═════ INPUT DATA ═════

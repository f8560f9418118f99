-- ===== src/Simulator/Completion.antt =====
-- What a run that returns has done.
use accelsim_lite.Prelude.{
  ℕ, ◌≤◌, ◌<◌, ◌≡◌, true, false, List, [], ◌∷◌, arith, contains, length, get_or, All, ap, ◌∙◌,
  if◌then◌else◌, sum_below_ones, count, u64_mod,
}
use accelsim_lite.Pipeline.{State, at, has_work_left}
use accelsim_lite.Instruction.{Stage, done, stage_rank, Instruction, blank}
use accelsim_lite.Pipeline.Program.{SameOperation, Moves-SameProgram}
use accelsim_lite.Pipeline.Dependencies.{IsFinished}
use accelsim_lite.Config.{SimulatorConfig}
use accelsim_lite.Simulator.{start, returned, run_workload}
use accelsim_lite.Pipeline.Finished.{is_done}
use accelsim_lite.Pipeline.Placement.{slot_indices, IsPlaced}
use accelsim_lite.Simulator.Safety.{
  Reachable-IsPlaced, Reachable-RespectsDeps, run_counters, start-length, start-SameOperation,
}
use accelsim_lite.Simulator.Steps.{main_loop-Moves}

pub record IsComplete (workload : List Instruction) (s : State) : Type 0 where
  pub all_fetched : s.next_to_fetch ≡ length workload
  pub all_done : (i : ℕ) → i < length workload → (at s i).stage ≡ done
  pub all_counted : s.stats.completed_ops ≡ length workload
  pub same_workload : (i : ℕ) → SameOperation (get_or workload i blank) (at s i)
  pub deps_done : (i : ℕ) → i < length workload → All (IsFinished s) (at s i).deps

-- The main loop ends with nothing in the queues.
nothing_left :
    (s : State)
    → has_work_left s ≡ false
    → (length s.instructions ≤ s.next_to_fetch)
      × (s.fetch_q ≡ [])
      × (s.decode_q ≡ [])
      × (s.dispatch_q ≡ [])
      × (s.ready_q ≡ [])
      × (s.retire_q ≡ [])
      × (s.exec_slots ≡ [])
unfolding has_work_left
nothing_left s h = ground arith

done_of_rank : (stage : Stage) → stage_rank stage ≡ 6 → stage ≡ done
done_of_rank stage h = ground arith

All-IsFinished :
    (s : State) (deps : List ℕ)
    → ((dep : ℕ) → contains s.retired_ids dep ≡ true → IsFinished s dep)
    → All (λ dep. contains s.retired_ids dep ≡ true) deps
    → All (IsFinished s) deps
All-IsFinished s [] f h = tt
All-IsFinished s (dep ∷ deps) f (h, hs) = (f dep h, All-IsFinished s deps f hs)

-- With nothing left, the stage of every instruction is `done`.
all_ranks :
    (s : State)
    → IsPlaced s
    → has_work_left s ≡ false
    → (i : ℕ) → i < length s.instructions
    → stage_rank (at s i).stage ≡ 6
all_ranks s v over i lt =
    let (n, f, d, p, r, t, e) = nothing_left s over in
    ground (
      arith,
      v.places i,
      ap (count i) f,
      ap (count i) d,
      ap (count i) p,
      ap (count i) r,
      ap (count i) t,
      ap (λ slots. count i (slot_indices slots)) e,
    )

-- A run that returns has fetched and finished every instruction of the workload, counted each of
-- them once, changed nothing of an instruction but its stage and its stamps, and finished every
-- dependency, if the workload has fewer than 2 ^ 64 instructions.
pub run_completes :
    (config : SimulatorConfig) (fuel : ℕ) (workload : List Instruction) (s : State)
    → length workload < u64_mod
    → run_workload config fuel workload ≡ returned s
    → IsComplete workload s
unfolding run_workload
run_completes config fuel workload s small h =
    let (r, over) = main_loop-Moves config fuel (start workload) s h in
    let same = Moves-SameProgram r in
    let placed = Reachable-IsPlaced config workload s r in
    let deps = Reachable-RespectsDeps config workload s r in
    let counted = run_counters config workload s r in
    let n : length s.instructions ≡ length workload = same.same_length ∙ start-length workload in
    let fetched : s.next_to_fetch ≡ length workload =
      omega (arith, (nothing_left s over).0, placed.in_range) in
    let rank = λ (i : ℕ) (lt : i < length workload). all_ranks s placed over i (omega arith) in
    record {
      all_fetched = fetched;
      all_done = λ i lt. done_of_rank (at s i).stage (rank i lt);
      all_counted = omega (
        arith,
        counted.counted_ops,
        sum_below_ones s.next_to_fetch (λ i. if is_done (at s i) then 1 else 0)
            (λ i lt. ground (arith, rank i (omega arith))),
      );
      same_workload = λ i. start-SameOperation workload i (same.same_at i);
      deps_done = λ i lt.
          All-IsFinished s (at s i).deps deps.retired_finished
            (deps.awake_deps i (omega arith) (omega (arith, rank i lt)));
    }
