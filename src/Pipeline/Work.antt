-- ===== src/Pipeline/Work.antt =====
-- How much work a state has left: a number that no move raises, and that a move of an instruction
-- to its next stage lowers.
use accelsim_lite.Prelude.{
  ℕ, ◌+◌, ◌-◌, ◌*◌, ◌≤◌, ◌≡◌, ap, List, [], ◌∷◌, ◌++◌, arith, length, length-append, succeed,
  >>=-succeeds, length-modify, suc, refl, true, false, ◌<◌,
}
use accelsim_lite.Pipeline.{
  ExecSlot, State, Tick, tick_remaining, release, tick_slot, tick_slots, complete_one, complete_all,
  start_tick, resume, after_tick, at, retire_one,
}
use accelsim_lite.Pipeline.Forward.{complete_all-eq}
use accelsim_lite.Config.{SimulatorConfig}
use accelsim_lite.Instruction.{done, fetch, decode, dispatch, ready, execute}
use accelsim_lite.Pipeline.Moves.{
  Move, retires, advances, wakes, issues_memory, issues_compute, dispatches, decodes, fetches,
  requeues, postpones, stalls, ticks, Moves, no_move, and_then, Moves_keep,
}
use accelsim_lite.Pipeline.Front.{
  wake_up, requeue, begin_execution, postpone, dispatch_one, decode_one, fetch_one, end_cycle,
}
use accelsim_lite.Pipeline.Program.{Move-SameProgram}

-- The instructions that have not been issued.
abbrev pub unissued : State → ℕ
unissued s =
    (length s.instructions - s.next_to_fetch)
    + length s.fetch_q
    + length s.decode_q
    + length s.dispatch_q
    + length s.ready_q

-- The turns that the slots still take, with two more for each.
abbrev pub slot_work : List ExecSlot → ℕ
slot_work [] = 0
slot_work (slot ∷ slots) = (slot.remaining + 2) + slot_work slots

-- What the stages leave to do beside execution.
abbrev pub stage_work : State → ℕ
stage_work s =
    5 * (length s.instructions - s.next_to_fetch)
    + 4 * length s.fetch_q
    + 3 * length s.decode_q
    + 2 * length s.dispatch_q
    + length s.ready_q
    + slot_work s.exec_slots
    + length s.retire_q

unfoldable pub work : ℕ → State → ℕ
work bound s = bound * unissued s + stage_work s

slot_work-append : (xs ys : List ExecSlot) → slot_work (xs ++ ys) ≡ slot_work xs + slot_work ys
slot_work-append [] ys = omega arith
slot_work-append (x ∷ xs) ys = omega (arith, slot_work-append xs ys)

tick_slot-work :
    (slot : ExecSlot) (t u : Tick)
    → tick_slot slot t ≡ succeed u
    → slot_work u.remaining_slots + length u.finished + 1
      ≤ slot_work t.remaining_slots + length t.finished + (slot.remaining + 2)
unfolding tick_slot tick_remaining release
tick_slot-work slot t u h = ground (
  arith,
  slot_work-append t.remaining_slots
      (record slot { remaining = tick_remaining slot.remaining } ∷ []),
  length-append t.finished (slot.index ∷ []),
)

tick_slots-work :
    (slots : List ExecSlot) (t u : Tick)
    → tick_slots slots t ≡ succeed u
    → slot_work u.remaining_slots + length u.finished + length slots
      ≤ slot_work t.remaining_slots + length t.finished + slot_work slots
unfolding tick_slots
tick_slots-work [] t u h = ground arith
tick_slots-work (slot ∷ slots) t u h =
    let (v, p, q) = >>=-succeeds (tick_slot slot t) (tick_slots slots) h in
    omega (arith, tick_slot-work slot t v p, tick_slots-work slots v u q)

complete_all-length :
    (ended : List ℕ) (s : State)
    → length (complete_all ended s).retire_q ≡ length s.retire_q + length ended
unfolding complete_all complete_one
complete_all-length [] s = omega arith
complete_all-length (idx ∷ ended) s =
    omega
      (arith, complete_all-length ended (complete_one idx s), length-append s.retire_q (idx ∷ []))

-- Execution lowers the work by at least one for each slot.
pub after_tick-work :
    (bound : ℕ) (s : State) (t : Tick)
    → length (after_tick s t).instructions ≡ length s.instructions
    → tick_slots s.exec_slots (start_tick s) ≡ succeed t
    → work bound (after_tick s t) + length s.exec_slots ≤ work bound s
unfolding work after_tick start_tick
after_tick-work bound s t n h =
    let e = complete_all-eq t.finished (resume s t) in
    let same : unissued (after_tick s t) ≡ unissued s = omega (arith, n, ap unissued e) in
    omega (
      arith,
      n,
      ap (λ u. bound * u) same,
      ap stage_work e,
      tick_slots-work s.exec_slots (start_tick s) t h,
      complete_all-length t.finished (resume s t),
    )

-- Each latency lies below the bound, with room for two more.
abbrev pub WithinBound : ℕ → State → Type 0
WithinBound bound s = (i : ℕ) → (at s i).execute_latency + 2 ≤ bound

-- What a move does for sure.
abbrev pub progress : {config : SimulatorConfig} {s t : State} → Move config s t → ℕ
progress (retires s idx rest e) = 1
progress (advances s t h) = length s.exec_slots
progress (wakes s idx rest e sat room) = 1
progress (issues_memory s idx rest e m free) = 1
progress (issues_compute s idx rest e c free) = 1
progress (dispatches s idx rest e room) = 1
progress (decodes s idx rest e) = 1
progress (fetches s lt) = 1
progress _ = 0

same_unissued :
    (bound n : ℕ) (s t : State)
    → unissued t ≡ unissued s
    → stage_work t + n ≤ stage_work s
    → work bound t + n ≤ work bound s
unfolding work
same_unissued bound n s t e h = omega (arith, ap (λ u. bound * u) e)

less_unissued :
    (bound : ℕ) (s t : State)
    → suc (unissued t) ≡ unissued s
    → stage_work t + 1 ≤ stage_work s + bound
    → work bound t + 1 ≤ work bound s
unfolding work
less_unissued bound s t e h = grind (arith, ap (λ u. bound * u) e)

-- A move lowers the work by what it does.
pub Move-work :
    {config : SimulatorConfig} (bound : ℕ) (s t : State)
    → WithinBound bound s
    → (m : Move config s t) → work bound t + progress m ≤ work bound s
unfolding retire_one wake_up requeue begin_execution postpone dispatch_one decode_one fetch_one
    end_cycle
Move-work bound _ _ w (retires s idx rest e) =
    let n = length-modify s.instructions idx (λ x. record x { stage = done }) in
    same_unissued bound 1 s _ (omega (arith, n)) (omega (arith, ap length e, n))
Move-work {config} bound _ _ w (advances s t h) =
    let m : Move config s (after_tick s t) = advances s t h in
    after_tick-work bound s t (Move-SameProgram m).same_length h
Move-work bound _ _ w (wakes s idx rest e sat room) =
    let n = length-modify s.instructions idx (λ x. record x { stage = ready }) in
    let q = length-append s.ready_q (idx ∷ []) in
    same_unissued bound 1 s _ (omega (arith, ap length e, n, q)) (omega (arith, ap length e, n, q))
Move-work bound _ _ w (requeues s idx rest stats e same) =
    let q = length-append rest (idx ∷ []) in
    same_unissued bound 0 s _ (omega (arith, ap length e, q)) (omega (arith, ap length e, q))
Move-work bound _ _ w (postpones s idx rest stats e same) =
    let q = length-append rest (idx ∷ []) in
    same_unissued bound 0 s _ (omega (arith, ap length e, q)) (omega (arith, ap length e, q))
Move-work bound _ _ w (issues_memory s idx rest e m free) =
    let n =
      length-modify s.instructions idx (λ x. record x { stage = execute; issue_cycle = s.cycle }) in
    let q =
      slot_work-append s.exec_slots
        (record { index = idx; remaining = (at s idx).execute_latency; uses_memory = true } ∷ []) in
    less_unissued bound s _ (omega (arith, ap length e, n))
      (omega (arith, ap length e, n, q, w idx))
Move-work bound _ _ w (issues_compute s idx rest e c free) =
    let n =
      length-modify s.instructions idx (λ x. record x { stage = execute; issue_cycle = s.cycle }) in
    let q =
      slot_work-append s.exec_slots (
        record { index = idx; remaining = (at s idx).execute_latency; uses_memory = false } ∷ []) in
    less_unissued bound s _ (omega (arith, ap length e, n))
      (omega (arith, ap length e, n, q, w idx))
Move-work bound _ _ w (stalls s stats same) = same_unissued bound 0 s _ refl (omega arith)
Move-work bound _ _ w (dispatches s idx rest e room) =
    let n = length-modify s.instructions idx (λ x. record x { stage = dispatch }) in
    let q = length-append s.dispatch_q (idx ∷ []) in
    same_unissued bound 1 s _ (omega (arith, ap length e, n, q)) (omega (arith, ap length e, n, q))
Move-work bound _ _ w (decodes s idx rest e) =
    let n = length-modify s.instructions idx (λ x. record x { stage = decode }) in
    let q = length-append s.decode_q (idx ∷ []) in
    same_unissued bound 1 s _ (omega (arith, ap length e, n, q)) (omega (arith, ap length e, n, q))
Move-work bound _ _ w (fetches s lt) =
    let n =
      length-modify s.instructions s.next_to_fetch
        (λ x. record x { stage = fetch; enqueue_cycle = s.cycle }) in
    let q = length-append s.fetch_q (s.next_to_fetch ∷ []) in
    same_unissued bound 1 s _ (omega (arith, n, q)) (omega (arith, n, q))
Move-work bound _ _ w (ticks s) = same_unissued bound 0 s _ refl (omega arith)

Move-WithinBound :
    {config : SimulatorConfig} (bound : ℕ) (s t : State)
    → Move config s t
    → WithinBound bound s
    → WithinBound bound t
Move-WithinBound bound s t m w i = omega (arith, w i, ((Move-SameProgram m).same_at i).same_latency)

pub Moves-WithinBound :
    {config : SimulatorConfig} (bound : ℕ) {s t : State}
    → Moves config s t
    → WithinBound bound s
    → WithinBound bound t
Moves-WithinBound bound ms w = Moves_keep (WithinBound bound) (Move-WithinBound bound) ms w

-- Moves do not raise the work.
pub Moves-work :
    {config : SimulatorConfig} (bound : ℕ) {s t : State}
    → Moves config s t
    → WithinBound bound s
    → work bound t ≤ work bound s
Moves-work bound (no_move s) w = omega arith
Moves-work bound (and_then {s} {t} m ms) w =
    omega (arith, Move-work bound s t w m, Moves-work bound ms (Move-WithinBound bound s t m w))

-- After a move that does something, the work is less.
pub Move-first :
    {config : SimulatorConfig} (bound : ℕ) {s t u : State} (m : Move config s t)
    → 0 < progress m
    → Moves config t u
    → WithinBound bound s
    → work bound u < work bound s
Move-first bound {s} {t} m p ms w =
    omega (arith, Move-work bound s t w m, Moves-work bound ms (Move-WithinBound bound s t m w))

═════

INSTRUCTIONS FOR THE TASK →
Reproduce, word for word and in full, only the lines above that start at the line with "slot_work-append [] ys = omega arith" and run through the line with "(slots : List ExecSlot) (t u : Tick)", both ends included.

SOLUTION TO THIS PROBLEM →
slot_work-append [] ys = omega arith
slot_work-append (x ∷ xs) ys = omega (arith, slot_work-append xs ys)

tick_slot-work :
    (slot : ExecSlot) (t u : Tick)
    → tick_slot slot t ≡ succeed u
    → slot_work u.remaining_slots + length u.finished + 1
      ≤ slot_work t.remaining_slots + length t.finished + (slot.remaining + 2)
unfolding tick_slot tick_remaining release
tick_slot-work slot t u h = ground (
  arith,
  slot_work-append t.remaining_slots
      (record slot { remaining = tick_remaining slot.remaining } ∷ []),
  length-append t.finished (slot.index ∷ []),
)

tick_slots-work :
    (slots : List ExecSlot) (t u : Tick)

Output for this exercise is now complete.